David Minchin, CEO of Helium One commented: 

 

"We are pleased to report these interim results which demonstrate that Helium One has maintained a commitment to cost effective exploration, while providing significant de-risking over the Rukwa basin. Our 2021 drilling campaign delivered 'proof of concept' by demonstrating the occurrence of subsurface helium within a working helium system. This gives us the confidence to push ahead with additional exploration and mobilise a conventional oil and gas rig for our 2022 campaign.

 

"Our 2022 drilling campaign is supported by an integrated subsurface database pulling together information from 2D Seismic, multispectral satellite spectroscopy ("MSS"), electrical resistance tomography ("ERT"), airborne gravity gradiometry ("AGG") and QEMSCAN analysis to provide a powerful predictive tool for the ranking of prospects. The subsurface team have already identified multiple areas of interest for follow on work which are additional to our current prospect portfolio.

 

"The Company remains in advanced negotiations with a leading global drilling company and is committed to the provision of a rig solution for our 2022 drilling campaign. We have multiple rig options and our Principal Drilling Engineer is currently travelling to perform an in-person assessment of appropriate rigs."

 

For further information please visit the Company's website: www.helium-one.com

 

Contact

Helium One Global Ltd

David Minchin, CEO

+44 20 7920 3150

 

 

Liberum (Nominated Adviser and Joint Broker)

Scott Mathieson

Ed Thomas

Nikhil Varghese

+44 20 3100 2000

 

 

Peterhouse Capital Limited (Joint Broker)

Lucy Williams

+44 20 7220 9792

 

 

Tavistock (Financial PR)

Nick Elwes

Tara Vivian - Neal

+44 20 7920 3150

 

 

 

Notes to Editors

Helium One was founded in September 2015 to explore, develop, and ultimately, become a producer of low-carbon helium, a critical material that is essential in many modern technologies.
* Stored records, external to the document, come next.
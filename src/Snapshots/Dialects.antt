-- ===== src/Snapshots/Dialects.antt =====
-- A line dialect whose extractor reports on the bus of a session.
use taskweave.Base.{
  ℕ, String, if◌then◌else◌, List, [], Outcome, done, raised, ◌≡◌, ◌⊎◌, inl, inr, Stmt, Bool, true,
  false, refl, sym, ap, ◌∙◌,
}
use taskweave.Exceptions.{type_error}
use taskweave.Protocol.{LogEvent}
use taskweave.Dialect.{DialectErrorKind, Regex, Field, ExtractionResult, parse_line}
use taskweave.Dialect.Extraction.{
  AllSafe, both, results_of, failures_of, casts_fail, ends, Reports, parse_line-eq,
}
use taskweave.Dialect.Diagnostics.{returned, other_raised, extraction}
use taskweave.Dialect.Extractor.{
  RExtractor, make_runner, parse, end_of, return_test, return_test-fails,
}
use taskweave.Bus.{ObservabilityPolicy, safe, best_effort, Delivery, Client, MiniBus}
use taskweave.Bus.Internal.{internal_outcome, emit_internal-ends}
use taskweave.Snapshots.{SessionSnapshot, session_emit_internal}

-- Reporting a DialectError on the bus of a session, with the event that is made of its kind when the
-- bus is in a state.
abbrev pub session_log :
    Client SessionSnapshot
    → (DialectErrorKind → MiniBus SessionSnapshot → LogEvent)
    → DialectErrorKind
    → Stmt (MiniBus SessionSnapshot) Unit
session_log client event_of kind b = session_emit_internal client (event_of kind b) b

-- Under this policy the sinks are called, and each returns and leaves the bus as it is.
abbrev pub QuietUnder : ObservabilityPolicy → Client SessionSnapshot → Type 0
QuietUnder p client =
    p ≡ best_effort
    → (n : ℕ) (d : Delivery SessionSnapshot) (b : MiniBus SessionSnapshot)
    → client n d b ≡ (done tt, b)

session_log-Reports :
    (client : Client SessionSnapshot)
    (event_of : DialectErrorKind → MiniBus SessionSnapshot → LogEvent) (p : ObservabilityPolicy)
    → QuietUnder p client
    → Reports (session_log client event_of) (λ b. b.policy ≡ p) (internal_outcome type_error p)
unfolding session_emit_internal
session_log-Reports client event_of p quiet kind b q =
    let (ended, same) =
      emit_internal-ends client type_error (event_of kind b) b (λ r. quiet (sym q ∙ r)) in
    (ended ∙ ap (internal_outcome type_error) q, same ∙ q)

module _ {Number : Type 0} (re : Regex Number) where
  -- How the parse of a line ends in a session, under each policy.
  abbrev pub session_parse :
      ObservabilityPolicy → List Field → String → Outcome (ExtractionResult Number)
  session_parse safe fields line =
      if casts_fail re fields line
      then raised type_error
      else done (both re (results_of re [] fields line) (failures_of re fields line))
  session_parse best_effort fields line =
      done (both re (results_of re [] fields line) (failures_of re fields line))

  ends-session_parse :
      (p : ObservabilityPolicy) (fields : List Field) (line : String)
      → ends re
          (internal_outcome type_error p)
          (casts_fail re fields line)
          (both re (results_of re [] fields line) (failures_of re fields line))
        ≡ session_parse p fields line
  ends-session_parse safe fields line = refl
  ends-session_parse best_effort fields line = refl

  -- Fields that raise nothing but DialectErrors, on a line that is read in a session. Under the safe
  -- policy, whatever the sinks do, the parse raises TypeError as soon as the text of some field cannot be
  -- cast, and the values of the other fields are lost; else it returns the values and the failures of
  -- the fields. Under best effort, where all sinks return and leave the bus as it is, it returns the
  -- values and the failures, a text that cannot be cast among the failures.
  pub parse_line_in_session :
      (client : Client SessionSnapshot)
      (event_of : DialectErrorKind → MiniBus SessionSnapshot → LogEvent)
      (b : MiniBus SessionSnapshot) (fields : List Field) (line : String)
      → (b.policy ≡ best_effort
          → (n : ℕ) (d : Delivery SessionSnapshot) (b' : MiniBus SessionSnapshot)
          → client n d b' ≡ (done tt, b'))
      → AllSafe re fields line
      → (parse_line re (session_log client event_of) fields line b).0
        ≡ session_parse b.policy fields line
  parse_line_in_session client event_of b fields line quiet h =
      parse_line-eq re (session_log client event_of) (λ b'. b'.policy ≡ b.policy) _
        (session_log-Reports client event_of b.policy quiet) fields line b h refl
      ∙ ends-session_parse b.policy fields line

  session_parse-end :
      (p : ObservabilityPolicy) (fields : List Field) (line : String)
      → (end_of (session_parse p fields line) ≡ returned extraction)
        ⊎ (end_of (session_parse p fields line) ≡ other_raised type_error)
  session_parse-end safe fields line = by (casts_fail re fields line)
    where
      parsed : ExtractionResult Number
      parsed = both re (results_of re [] fields line) (failures_of re fields line)

      by :
          (b : Bool)
          → (end_of (if b then raised type_error else done parsed) ≡ returned extraction)
            ⊎ (end_of (if b then raised type_error else done parsed) ≡ other_raised type_error)
      by true = inr refl
      by false = inl refl
  session_parse-end best_effort fields line = inl refl

  -- Testing an extractor whose runner reports in a session, under either policy (under best effort with
  -- sinks that return and leave the bus as it is) and on any line on which its fields raise nothing but
  -- DialectErrors, raises TypeError: the analysis asks for the length of an ExtractionResult, if the
  -- parse has not raised TypeError before.
  pub return_test_in_session :
      (client : Client SessionSnapshot)
      (event_of : DialectErrorKind → MiniBus SessionSnapshot → LogEvent)
      (b : MiniBus SessionSnapshot) (e : RExtractor (MiniBus SessionSnapshot)) (line : String)
      → QuietUnder b.policy client
      → AllSafe re e.extractors line
      → return_test re (make_runner (session_log client event_of) e) line b ≡ raised type_error
  unfolding make_runner parse
  return_test_in_session client event_of b e line quiet h =
      let log = session_log client event_of in
      let same = ap end_of (parse_line_in_session client event_of b e.extractors line quiet h) in
      return_test-fails re (make_runner log e) line b
        (elim (session_parse-end b.policy e.extractors line) [
          | inl p ↦ inl (same ∙ p)
          | inr p ↦ inr (same ∙ p)
        ])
Helium One has identified a globally unique, large-scale, high-grade, primary helium project in Tanzania with the potential to become a strategic asset in resolving a supply-constrained market.
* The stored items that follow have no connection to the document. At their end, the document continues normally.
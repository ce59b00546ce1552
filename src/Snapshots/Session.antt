-- ===== src/Snapshots/Session.antt =====
-- When a session can be asked for a snapshot.
use taskweave.Base.{
  ℕ, ℤ, pos, minus, ◌+◌, ◌==◌, String, Bool, true, false, if◌then◌else◌, List, [], ◌∷◌, done,
  raised, Stmt, ◌>>=◌, Dict, store, string_key, >>=-done, >>=-raised, ◌≡◌, refl, ap, ◌∙◌, inl, inr,
  Bool-cases, arith,
}
use taskweave.Exceptions.{attribute_error}
use taskweave.Lifecycle.{pipeline_state_enum}
use taskweave.Plans.{PipelineTask, RuntimePipeline, SessionControl, Environment, nat_key}
use taskweave.Snapshots.{
  PipelineSnapshot, SessionSnapshot, session_state_text, elapsed_since, task_snapshot,
  task_snapshots, pipeline_snapshot, pipeline_snapshots, snapshot,
}

abbrev pub is_empty {ℓ} : {A : Type ℓ} → List A → Bool
is_empty [] = true
is_empty (x ∷ xs) = false

-- Some pipeline has a task.
abbrev pub has_task : Dict ℕ RuntimePipeline → Bool
has_task [] = false
has_task ((k, p) ∷ ps) = if is_empty p.tasks then has_task ps else true

module _ (o : Environment) where
  -- The time since a start, after so many readings of the clock, and the readings then.
  abbrev pub since : ℕ → ℕ → ℤ × ℕ
  since readings started_at =
      if started_at == 0
      then (pos 0, readings)
      else (minus (o.clock readings) started_at, readings + 1)

  abbrev pub empty_pipeline : ℤ → RuntimePipeline → PipelineSnapshot
  empty_pipeline elapsed p = record {
    id = p.id.value;
    session_id = p.session_id.value;
    tasks = [];
    state = pipeline_state_enum.value p.cycle.state;
    started_at = p.cycle.started_at;
    elapsed = elapsed;
    early_exit = p.early_exit;
  }

  -- The snapshots of pipelines without tasks, and the readings then.
  abbrev pub empty_pipelines :
      Dict String PipelineSnapshot → ℕ → Dict ℕ RuntimePipeline → Dict String PipelineSnapshot × ℕ
  empty_pipelines acc readings [] = (acc, readings)
  empty_pipelines acc readings ((k, p) ∷ ps) =
      let (elapsed, later) = since readings p.cycle.started_at in
      empty_pipelines (store acc p.id.value (empty_pipeline elapsed p)) later ps

  elapsed_since-run :
      (started_at : ℕ) (s : SessionControl)
      → elapsed_since o started_at s ≡ (
        done ((since s.readings started_at).0),
        record s { readings = (since s.readings started_at).1 },
      )
  unfolding elapsed_since
  elapsed_since-run started_at s = ground arith

  task_snapshot-fails :
      (t : PipelineTask) (s : SessionControl) → (task_snapshot o t s).0 ≡ raised attribute_error
  unfolding task_snapshot elapsed_since
  task_snapshot-fails t s = ground arith

  pipeline_snapshot-fails :
      (p : RuntimePipeline) (s : SessionControl)
      → is_empty p.tasks ≡ false
      → (pipeline_snapshot o p s).0 ≡ raised attribute_error
  unfolding pipeline_snapshot task_snapshots task_snapshot elapsed_since
  pipeline_snapshot-fails p s h = by_tasks p.tasks h
    where
      by_tasks :
          (ts : List PipelineTask)
          → is_empty ts ≡ false
          → (pipeline_snapshot o (record p { tasks = ts }) s).0 ≡ raised attribute_error
      by_tasks [] h = absurd (ground (arith, h))
      by_tasks (t ∷ ts) h = ground arith

  pipeline_snapshot-empty :
      (p : RuntimePipeline) (s : SessionControl)
      → is_empty p.tasks ≡ true
      → pipeline_snapshot o p s ≡ (
        done (empty_pipeline (since s.readings p.cycle.started_at).0 p),
        record s { readings = (since s.readings p.cycle.started_at).1 },
      )
  unfolding pipeline_snapshot task_snapshots elapsed_since
  pipeline_snapshot-empty p s h = by_tasks p.tasks h
    where
      by_tasks :
          (ts : List PipelineTask)
          → is_empty ts ≡ true
          → pipeline_snapshot o (record p { tasks = ts }) s ≡ (
            done (empty_pipeline (since s.readings p.cycle.started_at).0 p),
            record s { readings = (since s.readings p.cycle.started_at).1 },
          )
      by_tasks [] h = ground arith
      by_tasks (t ∷ ts) h = absurd (ground (arith, h))

  pipeline_snapshots-fails :
      (acc : Dict String PipelineSnapshot) (ps : Dict ℕ RuntimePipeline) (s : SessionControl)
      → has_task ps ≡ true
      → (pipeline_snapshots o acc ps s).0 ≡ raised attribute_error
  unfolding pipeline_snapshots
  pipeline_snapshots-fails acc [] s h = absurd (ground (arith, h))
  pipeline_snapshots-fails acc ((k, p) ∷ ps) s h = elim (Bool-cases (is_empty p.tasks)) [
    | inl none' ↦
        let snap = empty_pipeline (since s.readings p.cycle.started_at).0 p in
        let e =
          >>=-done (pipeline_snapshot o p)
            (λ snap. pipeline_snapshots o (store acc p.id.value snap) ps)
            (pipeline_snapshot-empty p s none') in
        ap (λ out. out.0) e
        ∙ pipeline_snapshots-fails (store acc p.id.value snap) ps
            (record s { readings = (since s.readings p.cycle.started_at).1 })
            (ground (arith, h, none'))
    | inr some' ↦
        let e = pipeline_snapshot-fails p s some' in
        ap (λ out. out.0)
          (>>=-raised (pipeline_snapshot o p)
            (λ snap. pipeline_snapshots o (store acc p.id.value snap) ps) {w = s}
            {w' = (pipeline_snapshot o p s).1} (λ i. (e i, (pipeline_snapshot o p s).1)))
  ]

  pipeline_snapshots-empty :
      (acc : Dict String PipelineSnapshot) (ps : Dict ℕ RuntimePipeline) (s : SessionControl)
      → has_task ps ≡ false
      → pipeline_snapshots o acc ps s ≡ (
        done ((empty_pipelines acc s.readings ps).0),
        record s { readings = (empty_pipelines acc s.readings ps).1 },
      )
  unfolding pipeline_snapshots
  pipeline_snapshots-empty acc [] s h = refl
  pipeline_snapshots-empty acc ((k, p) ∷ ps) s h =
      let (none', rest) = none_here p.tasks h in
      let snap = empty_pipeline (since s.readings p.cycle.started_at).0 p in
      >>=-done (pipeline_snapshot o p) (λ snap. pipeline_snapshots o (store acc p.id.value snap) ps)
        (pipeline_snapshot-empty p s none')
      ∙ pipeline_snapshots-empty (store acc p.id.value snap) ps
          (record s { readings = (since s.readings p.cycle.started_at).1 }) rest
    where
      none_here :
          (ts : List PipelineTask)
          → (if is_empty ts then has_task ps else true) ≡ false
          → (is_empty ts ≡ true) × (has_task ps ≡ false)
      none_here [] h = (refl, h)
      none_here (t ∷ ts) h = absurd (ground (arith, h))

  -- What a session without tasks tells about itself.
  abbrev pub empty_session : SessionControl → SessionSnapshot
  empty_session s =
      let (elapsed, later) = since s.readings s.cycle.started_at in
      record {
        id = s.id.value;
        state = session_state_text s.cycle.state;
        started_at = s.cycle.started_at;
        elapsed = elapsed;
        pipelines = (empty_pipelines [] later s.pipelines).0;
      }

  -- A session in which some pipeline has a task gives no snapshot: it raises AttributeError, since a
  -- task's snapshot reads `last_error`, which is never set. Without tasks it returns, with its own
  -- state and times and those of each pipeline under the text of its id.
  pub snapshot-eq :
      (s : SessionControl)
      → (snapshot o s).0
        ≡ (if has_task s.pipelines then raised attribute_error else done (empty_session s))
  unfolding snapshot
  snapshot-eq s =
      let (elapsed, later) = since s.readings s.cycle.started_at in
      let s1 = record s { readings = later } in
      let e =
        >>=-done (λ s. elapsed_since o s.cycle.started_at s) rest
          (elapsed_since-run s.cycle.started_at s) in
      elim (Bool-cases (has_task s.pipelines)) [
        | inl tasks ↦
            let f = pipeline_snapshots-fails [] s.pipelines s1 tasks in
            let out = (snapshots s1).1 in
            rw tasks (
              ap (λ out. out.0)
                (e ∙ >>=-raised snapshots (told elapsed) {w = s1} {w' = out} (λ i. (f i, out))))
        | inr empty ↦
            let f = pipeline_snapshots-empty [] s.pipelines s1 empty in
            rw empty (ap (λ out. out.0) (e ∙ >>=-done snapshots (told elapsed) {w = s1} f))
      ]
    where
      snapshots : Stmt SessionControl (Dict String PipelineSnapshot)
      snapshots s = pipeline_snapshots o [] s.pipelines s

      told : ℤ → Dict String PipelineSnapshot → Stmt SessionControl SessionSnapshot
      told elapsed pipelines s = (
        done (record {
          id = s.id.value;
          state = session_state_text s.cycle.state;
          started_at = s.cycle.started_at;
          elapsed = elapsed;
          pipelines = pipelines;
        }),
        s,
      )

      rest : ℤ → Stmt SessionControl SessionSnapshot
      rest elapsed = snapshots >>= told elapsed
Helium One's assets are located within the rift basins on the margin of the Tanzanian Craton. The Company has secured 18 Prospecting Licences covering 4,512 km² in three distinct project areas: the Rukwa, Balangida and Eyasi projects. These are located near surface seeps with helium concentrations ranging up to 10.6% He by volume.

The Company's flagship Rukwa Project is located within the Rukwa Rift Basin covering 3,448km2 in south-west Tanzania. The project is considered to be an advanced exploration project with a portfolio of leads and prospects defined by high-resolution gravity gradiometry, and modern and historic 2D seismic. The Rukwa Project has been de-risked by the 2021 drilling campaign, which identified reservoir and seal with multiple prospective intervals from basin to near surface within a working helium system. 
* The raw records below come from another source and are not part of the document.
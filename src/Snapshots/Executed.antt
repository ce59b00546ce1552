-- ===== src/Snapshots/Executed.antt =====
-- A session that has executed a plan, when it is asked for a snapshot.
use taskweave.Base.{
  ℕ, String, Bool, true, false, if◌then◌else◌, List, [], ◌∷◌, done, raised, some, Dict, find,
  string_key, ◌≡◌, ◌≢◌, refl, ap, ◌∙◌, inl, inr, Bool-cases, arith,
}
use taskweave.Exceptions.{attribute_error}
use taskweave.Protocol.{TaskId}
use taskweave.Lifecycle.{SessionState, pipeline_state_enum}
use taskweave.Logging.{malformed}
use taskweave.Plans.{
  Pipeline, ExecutionPlan, Task, PipelineTask, RuntimePipeline, SessionControl, Environment,
  nat_key, execute,
}
use taskweave.Plans.Hydration.{AllHydrate}
use taskweave.Plans.Execution.{AllStored, Distinct, PlanReady, execute_hydrates}
use taskweave.Snapshots.{snapshot}
use taskweave.Snapshots.Session.{is_empty, has_task, empty_session, snapshot-eq}

module _ (o : Environment) where
  has_task-find :
      (k : ℕ) (d : Dict ℕ RuntimePipeline) (rp : RuntimePipeline)
      → find d k ≡ some rp
      → is_empty rp.tasks ≡ false
      → has_task d ≡ true
  has_task-find k [] rp e h = absurd (ground (arith, e))
  has_task-find k ((j, p) ∷ d) rp e h = ground (arith, e, h, has_task-find k d rp)

  -- Some pipeline of a plan has a task.
  abbrev pub has_task_planned : List Pipeline → Bool
  has_task_planned [] = false
  has_task_planned (p ∷ ps) = if is_empty p.tasks then has_task_planned ps else true

  AllHydrate-is_empty :
      (pools : Dict String ℕ) (ts : List Task) (us : List PipelineTask)
      → AllHydrate pools ts us
      → is_empty us ≡ is_empty ts
  AllHydrate-is_empty pools [] [] h = refl
  AllHydrate-is_empty pools [] (u ∷ us) h = absurd h
  AllHydrate-is_empty pools (t ∷ ts) [] h = absurd h
  AllHydrate-is_empty pools (t ∷ ts) (u ∷ us) h = refl

  has_task-AllStored :
      (pools : Dict String ℕ) (session : TaskId) (d : Dict ℕ RuntimePipeline) (ps : List Pipeline)
      → AllStored pools session d ps
      → has_task_planned ps ≡ true
      → has_task d ≡ true
  has_task-AllStored pools session d [] stored h = absurd (ground (arith, h))
  has_task-AllStored pools session d (p ∷ ps) ((rp, found, _, _, all), stored) h =
      elim (Bool-cases (is_empty p.tasks)) [
        | inl none' ↦ has_task-AllStored pools session d ps stored (ground (arith, h, none'))
        | inr some' ↦
            has_task-find p.id.ident d rp found
              (AllHydrate-is_empty pools p.tasks rp.tasks all ∙ some')
      ]

  -- A session that has executed a plan with a task, under the conditions on which executing it returns,
  -- raises AttributeError whenever it is asked for a snapshot.
  pub snapshot-execute :
      (plan : ExecutionPlan) (s : SessionControl)
      → s.cycle.state ≡ SessionState.pending
      → s.log_store.index ≢ malformed
      → Distinct plan.pipelines
      → PlanReady o s.pools plan.pipelines
      → has_task_planned plan.pipelines ≡ true
      → let out = execute o plan s in
        (out.0 ≡ done tt) × ((snapshot o out.1).0 ≡ raised attribute_error)
  snapshot-execute plan s pending readable distinct ready h =
      let (ok, _, stored) = execute_hydrates o plan s pending readable distinct ready in
      let s' = (execute o plan s).1 in
      (
        ok,
        snapshot-eq o s'
            ∙ ap (λ b. if b then raised attribute_error else done (empty_session o s'))
                (has_task-AllStored s.pools s.id s'.pipelines plan.pipelines stored h),
      )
SRK Consulting have reported a 'Best Estimate' Un-risked Prospective Resource of 138 Bcf (2U/P50) for the Company's Rukwa Project, meaning that the project has potentially strategic global implications with the ability to significantly resolve helium supply/demand issues.

All Helium One's licences are held on a 100% equity basis and are in close proximity to the required infrastructure.

Helium One is listed on the AIM market of the London Stock Exchange with the ticker of HE1 and on the OTCQB in the United States with the ticker HLOGF.

CEO's Statement 

 

Helium One is pleased to report on an active six-month period ended 31 December 2021 which has delivered significant de-risking of our flagship Rukwa project. Helium One has delivered an aggressive exploration programme culminating in the milestone events of the Company's maiden exploration wells drilled on the Rukwa Project in Tanzania - the first drilling campaign in Africa to target primary helium.

The work undertaken in 2021 has provided proof of concept and has enabled us to reduce exploration risk across the Rukwa Basin. The drilling carried out on the Tai prospect demonstrated a working helium system with good to excellent-quality reservoirs, thick sealing units, and helium gas shows at multiple prospective intervals.

The Company has now moved on to Phase II exploration, building an integrated subsurface database to deliver a successful drilling campaign in 2022. Aspects of the Phase II programme completed during the period have included:

· Completion of a 220-line kilometre 2D seismic campaign in December last year, designed to target the northern extensions of known structural highs believed to act as a charge focus for helium migration.

And post the period end:

· Completion of a multispectral satellite spectroscopy study over our entire 4,512km2 licence area with identification of multiple new surface helium anomalies 

· Completion of an ERT survey, again post year end, to identify resistivity anomalies within the ultra-shallow zone (

· The completion of QEMSCAN study on drill cuttings collected from the Tai-1/-1A wells to provide information on reservoir quality, mineralogy, seal potential and grain size distribution across the entire sedimentary sequence. 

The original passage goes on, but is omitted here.